There are so many reasons people acquire debt, and even debt exists on a scale from “good” to “bad.” For instance, there are many valuable kinds of debt—such as using a loan to buy a home. But debt can also get out of control, and lead people down a difficult path of overwhelming loans—especially when it comes to “bad” debt like carrying a credit card balance.
The point? Debt is complicated. While it’s easy to write off debt as simply an issue of overspending, it’s important to understand that many factors actually play into debt. Here’s another way to think about it.
The Most Common Cause of Bankruptcy Isn’t Overspending
A lot of people automatically assume that someone declares bankruptcy because of a personal failure. The image in a lot of people’s heads about bankruptcy is that people only go through it if they spend too much and then can’t pay it back. However, this is not even close to the top reason why people file for bankruptcy. The true number one reason people go bankrupt is because of medical debt. An inability to pay for costly medical bills accounts for over 60 percent of individual bankruptcies in the United States. And before you assume that’s just because they don’t have insurance—it’s not. Over 70 percent of people who file for bankruptcy due to medical costs have some form of health coverage.
You Can’t Control Losing Your Job
Issues with work are typically cited as the next-most common reason people file for bankruptcy after medial costs. Either having reduced income—or losing your job—can put you in a precarious financial position, even if you’re lucky and can collect some unemployment benefits. It shouldn’t be surprising that a hit to your income can be the impetus for sending you toward bankruptcy—especially when almost 80 percent of people in the U.S. are living paycheck to paycheck.
Even though there are people who file bankruptcy because they were irresponsible with their credit, it’s by no means the most common reason for it.
How to Get Out of Debt
No matter how you got into debt, here are a few ways you can reduce or eliminate it without going so far as to declare bankruptcy:
- Get serious about budgeting your money. Maybe you’ve tried budgeting in the past, or even are using some form of a budget right now. If you’re having trouble with debt, but don’t feel like you’re really overspending, it’s a good idea to dive deep into some other ways to cut expenses. You might want to look at your fixed payments—such as rent, your mortgage, or auto loan. Is there any way for you to downsize in any of these ways? Getting more frugal with your vehicle or housing can quickly give you more money to pay down debt. You should also try using budgeting apps to help you stay on top of your finances while paying down debt.
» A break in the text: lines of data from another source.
-- ===== src/Kern/Truncate.antt =====
-- kern/gas_itree.c: `gas_truncate_inode` and what it calls, and its callers in kern/gas_inode.c
-- and kern/gas_page.c. Pointers and places are those of the branch
-- functions; `&nr`, the address of a local variable, is the key itself. What a leaf block holds is not
-- part of the tree, so that `block_truncate_page` changes nothing here.
pub mod Shrunk
pub mod Zeros
pub mod Direct
pub mod Evict
use gas_filesystem.Base.{
  ℕ, zero, suc, ◌+◌, ◌-◌, ◌*◌, ◌/◌, ◌^◌, List, [], ◌∷◌, ◌==◌, ◌&&◌, ◌||◌, not, ltb, leb, Bool, true,
  false, if◌then◌else◌, length, Option, none, some,
}
use gas_filesystem.Kern.Types.{GasSbInfo}
use gas_filesystem.Kern.BitOps.{BitOps}
use gas_filesystem.Kern.Inode.{InodeTable, s_isreg, s_isdir, s_islnk}
use gas_filesystem.Kern.Bitmap.{Bitmap, gas_free_block}
use gas_filesystem.Kern.Ialloc.{gas_free_inode}
use gas_filesystem.Kern.Itree.{block_to_path, dircount, depth}
use gas_filesystem.Kern.Branch.{
  Cells, Indirect, store_key, Branch, complete, partial, get_branch, Tree, mark,
}

-- `all_zeroes` for the cells of a place before an index
unfoldable pub all_zeroes : Cells → (place : ℕ) → (before : ℕ) → Bool
all_zeroes cell place zero = true
all_zeroes cell place (suc i) = all_zeroes cell place i && cell place i == 0

-- The first loop of `find_shared`: the offsets without the zeros at the end, of which the first stays
unfoldable pub shorten : List ℕ → List ℕ
shorten [] = []
shorten (o ∷ offsets) = elim (shorten offsets) [
  | [] ↦ o ∷ []
  | k ∷ [] ↦ if k == 0 then o ∷ [] else o ∷ k ∷ []
  | k ∷ l ∷ rest ↦ o ∷ k ∷ l ∷ rest
]

-- The second loop, for a chain with the last element first
unfoldable pub climb : Cells → List Indirect → List Indirect
unfolding all_zeroes
climb cell [] = []
climb cell (p ∷ []) = p ∷ []
climb cell (p ∷ q ∷ above) =
    let higher = climb cell (q ∷ above) in
    if all_zeroes cell p.place p.index then higher else p ∷ q ∷ above

-- The elements of the chain, whether `get_branch` returns NULL or not
abbrev pub chain_of : Branch → List Indirect
chain_of b = elim b [ complete chain ↦ chain | partial err chain ↦ chain ]

module _ (ops : BitOps) where
  abbrev pub store : (place index key : ℕ) → Tree ops → Tree ops
  store place index key tree = record tree { cell = store_key tree.cell place index key }

  -- `find_shared`: the chain up to `partial`, the last element first, and `*top`. If `p` is the last
  -- element, its index is not 0, for the loop left no zero at the end of the offsets.
  unfoldable pub find_shared : (reads : ℕ → Bool) → List ℕ → Tree ops → List Indirect × ℕ × Tree ops
  unfolding shorten climb get_branch store_key
  find_shared reads offsets tree =
      let path = shorten offsets in
      let chain = chain_of (get_branch reads (λ _. tree.cell) path) in
      elim chain [
        | [] ↦ ([], 0, tree)
        | last ∷ rest ↦
            if last.key == 0 && not (tree.cell last.place last.index == 0)
            then (last ∷ rest, 0, tree)
            else elim (climb tree.cell (last ∷ rest)) [
              | [] ↦ ([], 0, tree)
              | p ∷ above ↦
                  if (length above + 1 == length path) && ltb 0 (length above)
                  then (record p { index = p.index - 1 } ∷ above, 0, tree)
                  else (p ∷ above, tree.cell p.place p.index, store p.place p.index 0 tree)
            ]
      ]

  -- `n` cells of a place, from one on: their keys are set to 0, and each of them is handed to `free`.
  -- It is the loop of `free_data` and of `free_branches`.
  unfoldable pub free_range :
      (free : ℕ → Tree ops → Tree ops) → (place from n : ℕ) → Tree ops → Tree ops
  unfolding store_key
  free_range free place from zero tree = tree
  free_range free place from (suc n) tree =
      let nr = tree.cell place from in
      let tree' = free nr (store place from 0 tree) in
      free_range free place (from + 1) n (if nr == 0 then tree else tree')

  module _ (blocksize_bits : ℕ) (sbi : GasSbInfo) (reads : ℕ → Bool) (ptrs : ℕ) where
    -- What `free_branches` of a depth does to one key that is not 0, and `free_data` at depth 0
    unfoldable pub free_key : (depth : ℕ) → (nr : ℕ) → Tree ops → Tree ops
    unfolding free_range mark
    free_key zero nr tree = record tree { map = gas_free_block ops blocksize_bits sbi tree.map nr }
    free_key (suc depth) nr tree =
        let below = mark ops nr false (free_range (free_key depth) nr 0 ptrs tree) in
        if reads nr
        then mark ops 0 true
            (record below { map = gas_free_block ops blocksize_bits sbi below.map nr })
        else tree

    -- `free_branches`
    unfoldable pub free_branches : (depth : ℕ) → (place from n : ℕ) → Tree ops → Tree ops
    unfolding free_key
    free_branches depth place from n tree = free_range (free_key depth) place from n tree

    -- The loop that clears the ends of the indirect blocks on the shared branch, for a path of `n`
    -- offsets
    unfoldable pub clear_ends : (n : ℕ) → List Indirect → Tree ops → Tree ops
    unfolding free_branches
    clear_ends n [] tree = tree
    clear_ends n (p ∷ []) tree = tree
    clear_ends n (p ∷ q ∷ above) tree = clear_ends n (q ∷ above) (
        mark ops p.place true (
          free_branches (n - (length above + 2)) p.place (p.index + 1) (ptrs - (p.index + 1)) tree))

    -- The label `do_indirects`, for the last `rounds` of the three indirect keys
    unfoldable pub do_indirects : (rounds : ℕ) → Tree ops → Tree ops
    unfolding free_key store_key
    do_indirects zero tree = tree
    do_indirects (suc rounds) tree =
        let first_whole = depth - 1 - suc rounds in
        let nr = tree.cell 0 (dircount + first_whole) in
        let tree' =
          free_key (first_whole + 1) nr
            (mark ops 0 true (store 0 (dircount + first_whole) 0 tree)) in
        do_indirects rounds (if nr == 0 then tree else tree')

    -- The part of `gas_truncate_inode` for a path of two offsets and more
    unfoldable pub truncate_shared : List ℕ → Tree ops → Tree ops
    unfolding find_shared clear_ends
    truncate_shared offsets tree =
        let n = length offsets in
        let (chain, nr, tree') = find_shared reads offsets tree in
        let place : ℕ = elim chain [ [] ↦ 0 | p ∷ above ↦ p.place ] in
        let tree'' = free_key (n - length chain) nr (mark ops place true tree') in
        clear_ends n chain (if nr == 0 then tree' else tree'')

    -- `gas_truncate_inode`, for the `i_size` of the inode
    unfoldable pub gas_truncate_inode : (now size : ℕ) → Tree ops → Tree ops
    unfolding truncate_shared do_indirects free_branches
    gas_truncate_inode now size tree =
        let iblock = (size + 2 ^ blocksize_bits - 1) / 2 ^ blocksize_bits in
        let close : Tree ops → Tree ops =
          λ t. mark ops 0 true (record t { i_mtime = now; i_ctime = now }) in
        elim (block_to_path ptrs sbi.s_nblocks iblock) [
          | [] ↦ tree
          | o ∷ [] ↦ close (do_indirects (depth - 1) (free_branches 0 0 o (dircount - o) tree))
          | o ∷ k ∷ offsets ↦ close (
              do_indirects (depth - 1 - (o + 1 - dircount))
                (truncate_shared (o ∷ k ∷ offsets) tree))
        ]

    -- `gas_truncate` of kern/gas_inode.c
    unfoldable pub gas_truncate : (now mode size : ℕ) → Tree ops → Tree ops
    unfolding gas_truncate_inode
    gas_truncate now mode size tree =
        if not (s_isreg mode || s_isdir mode || s_islnk mode)
        then tree
        else gas_truncate_inode now size tree

    -- `gas_write_failed` of kern/gas_page.c, for a write that was to end at `to`
    unfoldable pub gas_write_failed : (now mode size to : ℕ) → Tree ops → Tree ops
    unfolding gas_truncate
    gas_write_failed now mode size to tree =
        if ltb size to then gas_truncate now mode size tree else tree

    -- `gas_evict_inode` of kern/gas_inode.c: the tree, and the inode list with the bitmap of inodes
    unfoldable pub gas_evict_inode :
        (now ino mode nlink : ℕ)
        → Tree ops × InodeTable × Bitmap ops
        → Tree ops × InodeTable × Bitmap ops
    unfolding gas_truncate
    gas_evict_inode now ino mode nlink (tree, table, iam) =
        let (table', iam') = gas_free_inode ops blocksize_bits sbi (table, iam) ino in
        if nlink == 0 then (gas_truncate now mode 0 tree, table', iam') else (tree, table, iam)
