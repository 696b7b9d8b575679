-- ===== src/Kern/Truncate/Shrunk.antt =====
-- Truncation in kern/gas_itree.c: what becomes of the keys and of the bitmap
use mathlib.Core.Path.{subst}
use gas_filesystem.Base.{
  ℕ, zero, suc, ◌+◌, ◌-◌, ◌≡◌, ◌≤◌, ◌<◌, ◌⊎◌, inl, inr, refl, sym, ◌∙◌, List, [], ◌∷◌, length, ◌==◌,
  ◌&&◌, ◌||◌, not, ltb, leb, Bool, true, false, if◌then◌else◌, some, arith, Bool-cases, ==→eq,
  ==→ne,
}
use gas_filesystem.Kern.Types.{GasSbInfo}
use gas_filesystem.Kern.BitOps.{BitOps}
use gas_filesystem.Kern.Bitmap.{gas_free_block}
use gas_filesystem.Kern.Bitmap.Blocks.{
  block_bit, IsValid, gas_free_block-BlockChanged, gas_free_block_outside,
}
use gas_filesystem.Kern.Itree.{dircount, depth}
use gas_filesystem.Kern.Branch.{Indirect, store_key, get_branch, Tree, mark}
use gas_filesystem.Kern.Truncate.{
  climb, chain_of, shorten, store, find_shared, free_range, free_key, free_branches, clear_ends,
  do_indirects, truncate_shared,
}

module _ (ops : BitOps) (blocksize_bits : ℕ) (sbi : GasSbInfo) where
  abbrev bits : ℕ
  bits = sbi.s_bits_per_block

  -- Keys stay or become 0, and blocks become free only.
  pub record Shrunk (tree tree' : Tree ops) : Type 0 where
    pub good : IsValid ops blocksize_bits sbi tree'.map
    pub cells : (b i : ℕ) → (tree'.cell b i ≡ tree.cell b i) ⊎ (tree'.cell b i ≡ 0)
    pub freed :
        (n : ℕ)
        → (block_bit ops bits tree'.map n ≡ block_bit ops bits tree.map n)
          ⊎ (block_bit ops bits tree'.map n ≡ some false)

  abbrev IsGood : Tree ops → Type 0
  IsGood tree = IsValid ops blocksize_bits sbi tree.map

  -- A step that keeps a valid bitmap valid
  abbrev Shrinks : (Tree ops → Tree ops) → Type 0
  Shrinks f = (tree : Tree ops) → IsGood tree → Shrunk tree (f tree)

  pub Shrunk-refl : (tree : Tree ops) → IsGood tree → Shrunk tree tree
  Shrunk-refl tree good = record { good = good; cells = λ b i. inl refl; freed = λ n. inl refl }

  pub Shrunk-trans : (s t u : Tree ops) → Shrunk s t → Shrunk t u → Shrunk s u
  Shrunk-trans s t u st tu = record {
    good = tu.good;
    cells = λ b i. elim (tu.cells b i) [
      | inr e ↦ inr e
      | inl e ↦ elim (st.cells b i) [ inr d ↦ inr (e ∙ d) | inl d ↦ inl (e ∙ d) ]
    ];
    freed = λ n. elim (tu.freed n) [
      | inr e ↦ inr e
      | inl e ↦ elim (st.freed n) [ inr d ↦ inr (e ∙ d) | inl d ↦ inl (e ∙ d) ]
    ];
  }

  pub store-Shrunk : (place index : ℕ) → Shrinks (store ops place index 0)
  unfolding store_key
  store-Shrunk place index tree good = record {
    good = good;
    cells = λ b i. elim (Bool-cases ((b == place) && (i == index))) [
      | inl here ↦ inr (rw here refl)
      | inr apart ↦ inl (rw apart refl)
    ];
    freed = λ n. inl refl;
  }

  -- A step that changes neither keys nor the bitmap
  pub kept-Shrunk :
      (tree tree' : Tree ops)
      → tree'.cell ≡ tree.cell
      → tree'.map ≡ tree.map
      → IsGood tree
      → Shrunk tree tree'
  kept-Shrunk tree tree' cells map good = record {
    good = rw map good;
    cells = λ b i. inl (rw cells refl);
    freed = λ n. inl (rw map refl);
  }

  pub mark-Shrunk : (place : ℕ) (v : Bool) → Shrinks (mark ops place v)
  unfolding mark
  mark-Shrunk place v tree good = kept-Shrunk tree (mark ops place v tree) refl refl good

  abbrev free_block : ℕ → Tree ops → Tree ops
  free_block nr tree = record tree { map = gas_free_block ops blocksize_bits sbi tree.map nr }

  free_block-Shrunk : (nr : ℕ) → Shrinks (free_block nr)
  free_block-Shrunk nr tree good =
      elim (Bool-cases (ltb nr sbi.s_data_block_start || leb sbi.s_nblocks nr)) [
        | inl outside ↦
            kept-Shrunk tree (free_block nr tree) refl
              (gas_free_block_outside ops blocksize_bits sbi tree.map good nr (out outside)) good
        | inr inside ↦
            let (change, keeps) =
              gas_free_block-BlockChanged ops blocksize_bits sbi tree.map good nr (ground arith)
                (ground arith) in
            record {
              good = keeps;
              cells = λ b i. inl refl;
              freed = λ n. elim (Bool-cases (n == nr)) [
                | inl e ↦ inr (
                    subst (λ m. block_bit ops bits (free_block nr tree).map m ≡ some false)
                      (sym (==→eq n nr e)) change.here)
                | inr ne ↦ inl (change.others n (==→ne n nr ne))
              ];
            }
      ]
    where
      out :
          (ltb nr sbi.s_data_block_start || leb sbi.s_nblocks nr) ≡ true
          → (nr < sbi.s_data_block_start) ⊎ (sbi.s_nblocks ≤ nr)
      out e = elim (Bool-cases (ltb nr sbi.s_data_block_start)) [
        | inl lt ↦ inl (ground arith)
        | inr ge ↦ inr (ground arith)
      ]

  pub free_range-Shrunk :
      (free : ℕ → Tree ops → Tree ops)
      → ((nr : ℕ) → Shrinks (free nr))
      → (place from n : ℕ) → Shrinks (free_range ops free place from n)
  unfolding free_range
  free_range-Shrunk free each place from zero tree good = Shrunk-refl tree good
  free_range-Shrunk free each place from (suc n) tree good =
      elim (Bool-cases (tree.cell place from == 0)) [
        | inl empty ↦ rw empty (free_range-Shrunk free each place (from + 1) n tree good)
        | inr there ↦
            let stored = store-Shrunk place from tree good in
            let freed = each (tree.cell place from) (store ops place from 0 tree) stored.good in
            rw there (
              Shrunk-trans _ _ _ stored (
                Shrunk-trans _ _ _ freed
                  (free_range-Shrunk free each place (from + 1) n _ freed.good)))
      ]

  module _ (reads : ℕ → Bool) (ptrs : ℕ) where
    pub free_key-Shrunk :
        (depth nr : ℕ) → Shrinks (free_key ops blocksize_bits sbi reads ptrs depth nr)
    unfolding free_key
    free_key-Shrunk zero nr tree good = free_block-Shrunk nr tree good
    free_key-Shrunk (suc depth) nr tree good = elim (Bool-cases (reads nr)) [
      | inr unread ↦ rw unread (Shrunk-refl tree good)
      | inl read ↦
          let range = free_range-Shrunk _ (free_key-Shrunk depth) nr 0 ptrs tree good in
          let marked = mark-Shrunk nr false _ range.good in
          let freed = free_block-Shrunk nr _ marked.good in
          rw read (
            Shrunk-trans _ _ _ range (
              Shrunk-trans _ _ _ marked
                (Shrunk-trans _ _ _ freed (mark-Shrunk 0 true _ freed.good))))
    ]

    pub free_branches-Shrunk :
        (depth place from n : ℕ)
        → Shrinks (free_branches ops blocksize_bits sbi reads ptrs depth place from n)
    unfolding free_branches
    free_branches-Shrunk depth place from n =
        free_range-Shrunk _ (free_key-Shrunk depth) place from n

    clear_ends-Shrunk :
        (n : ℕ) (chain : List Indirect)
        → Shrinks (clear_ends ops blocksize_bits sbi reads ptrs n chain)
    unfolding clear_ends
    clear_ends-Shrunk n [] tree good = Shrunk-refl tree good
    clear_ends-Shrunk n (p ∷ []) tree good = Shrunk-refl tree good
    clear_ends-Shrunk n (p ∷ q ∷ above) tree good =
        let ends =
          free_branches-Shrunk (n - (length above + 2)) p.place (p.index + 1) (ptrs - (p.index + 1))
            tree good in
        let marked = mark-Shrunk p.place true _ ends.good in
        Shrunk-trans _ _ _ ends
          (Shrunk-trans _ _ _ marked (clear_ends-Shrunk n (q ∷ above) _ marked.good))

    pub do_indirects-Shrunk :
        (rounds : ℕ) → Shrinks (do_indirects ops blocksize_bits sbi reads ptrs rounds)
    unfolding do_indirects
    do_indirects-Shrunk zero tree good = Shrunk-refl tree good
    do_indirects-Shrunk (suc rounds) tree good =
        let at = dircount + (depth - 1 - suc rounds) in
        elim (Bool-cases (tree.cell 0 at == 0)) [
          | inl empty ↦ rw empty (do_indirects-Shrunk rounds tree good)
          | inr there ↦
              let stored = store-Shrunk 0 at tree good in
              let marked = mark-Shrunk 0 true _ stored.good in
              let freed =
                free_key-Shrunk (depth - 1 - suc rounds + 1) (tree.cell 0 at) _ marked.good in
              rw there (
                Shrunk-trans _ _ _ stored (
                  Shrunk-trans _ _ _ marked
                    (Shrunk-trans _ _ _ freed (do_indirects-Shrunk rounds _ freed.good))))
        ]

    find_shared-Shrunk :
        (offsets : List ℕ) → Shrinks (λ tree. (find_shared ops reads offsets tree).2)
    unfolding find_shared
    find_shared-Shrunk offsets tree good =
        by_chain (chain_of (get_branch reads (λ _. tree.cell) (shorten offsets)))
      where
        by_top :
            (higher : List Indirect)
            → Shrunk tree (
                (elim higher as (λ _. List Indirect × ℕ × Tree ops) [
                  | [] ↦ ([], 0, tree)
                  | p ∷ above ↦
                      if (length above + 1 == length (shorten offsets)) && ltb 0 (length above)
                      then (record p { index = p.index - 1 } ∷ above, 0, tree)
                      else (p ∷ above, tree.cell p.place p.index, store ops p.place p.index 0 tree)
                ]).2)
        by_top [] = Shrunk-refl tree good
        by_top (p ∷ above) =
            elim (Bool-cases
              ((length above + 1 == length (shorten offsets)) && ltb 0 (length above))) [
                | inl bottom ↦ rw bottom (Shrunk-refl tree good)
                | inr top ↦ rw top (store-Shrunk p.place p.index tree good)
              ]

        by_chain :
            (chain : List Indirect)
            → Shrunk tree (
                (elim chain as (λ _. List Indirect × ℕ × Tree ops) [
                  | [] ↦ ([], 0, tree)
                  | last ∷ rest ↦
                      if last.key == 0 && not (tree.cell last.place last.index == 0)
                      then (last ∷ rest, 0, tree)
                      else elim (climb tree.cell (last ∷ rest)) [
                        | [] ↦ ([], 0, tree)
                        | p ∷ above ↦
                            if (length above + 1 == length (shorten offsets))
                              && ltb 0 (length above)
                            then (record p { index = p.index - 1 } ∷ above, 0, tree)
                            else (
                              p ∷ above,
                              tree.cell p.place p.index,
                              store ops p.place p.index 0 tree,
                            )
                      ]
                ]).2)
        by_chain [] = Shrunk-refl tree good
        by_chain (last ∷ rest) =
            elim (Bool-cases (last.key == 0 && not (tree.cell last.place last.index == 0))) [
              | inl changed ↦ rw changed (Shrunk-refl tree good)
              | inr same ↦ rw same (by_top (climb tree.cell (last ∷ rest)))
            ]

    pub truncate_shared-Shrunk :
        (offsets : List ℕ) → Shrinks (truncate_shared ops blocksize_bits sbi reads ptrs offsets)
    unfolding truncate_shared
    truncate_shared-Shrunk offsets tree good =
        by_top (find_shared ops reads offsets tree) (find_shared-Shrunk offsets tree good)
      where
        by_top :
            (r : List Indirect × ℕ × Tree ops)
            → Shrunk tree r.2
            → Shrunk tree (
                let place : ℕ = elim (r.0) [ [] ↦ 0 | p ∷ above ↦ p.place ] in
                clear_ends ops blocksize_bits sbi reads ptrs (length offsets) r.0 (
                  if r.1 == 0
                  then r.2
                  else free_key ops blocksize_bits sbi reads ptrs
                      (length offsets - length r.0)
                      r.1
                      (mark ops place true r.2)))
        by_top (chain, nr, tree') found = elim (Bool-cases (nr == 0)) [
          | inl empty ↦
              rw empty (
                Shrunk-trans _ _ _ found
                  (clear_ends-Shrunk (length offsets) chain tree' found.good))
          | inr there ↦
              let place : ℕ = elim chain [ [] ↦ 0 | p ∷ above ↦ p.place ] in
              let marked = mark-Shrunk place true tree' found.good in
              let freed = free_key-Shrunk (length offsets - length chain) nr _ marked.good in
              rw there (
                Shrunk-trans _ _ _ found (
                  Shrunk-trans _ _ _ marked (
                    Shrunk-trans _ _ _ freed
                      (clear_ends-Shrunk (length offsets) chain _ freed.good))))
        ]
- Do a balance transfer from high-interest credit cards to one with a lower interest rate. A balance transfer can be a beneficial idea for people with credit card debt on a few cards that are all accruing interest at a high rate. Often, you can consolidate those balances onto another card, which will give you a low introductory rate for a certain period. It’s important that you take advantage of that time to pay down the debt—as interest will start growing again after the low APR period ends.
- Work with a debt relief company. For some consumers, teaming up with a debt relief agency to negotiate with creditors for a more favorable settlement is the best way to tackle debt. It’s important, however, that you find the right company, as some are much more reliable than others. Freedom Financial Network, for instance, offers people a strong lineup of debt relief options, with plenty of consumer reviews online to back it up. Debt relief strategies like settlement can take several years to complete, but the end result can be zeroing out your debts for less than their original price tag.
Understanding Why Certain Debt Seems to Never Go Away
For some people, it can seem like their debt just lasts forever, even when they’re paying what they owe each month. This is because your interest rate can often entirely negate the minimum payment on debt. Credit cards are notorious for taking forever to pay off if you only make the minimum payment. They come with incredibly high interest rates, which means you’re going to be accruing more money you need to pay back the longer you let the balance sit there. It’s a good idea to dedicate as much as you can to high interest debt like credit cards as opposed to paying the minimum. You can use a credit card repayment calculator to see how long it will take you to pay off your balance if you make payments of different sizes.
Debt happens for a lot of reasons. Overspending is one of those reasons; but it’s not at all the primary cause for people going into debt. You can beat your debt by learning more about how it works and coming up with a realistic plan for paying it down.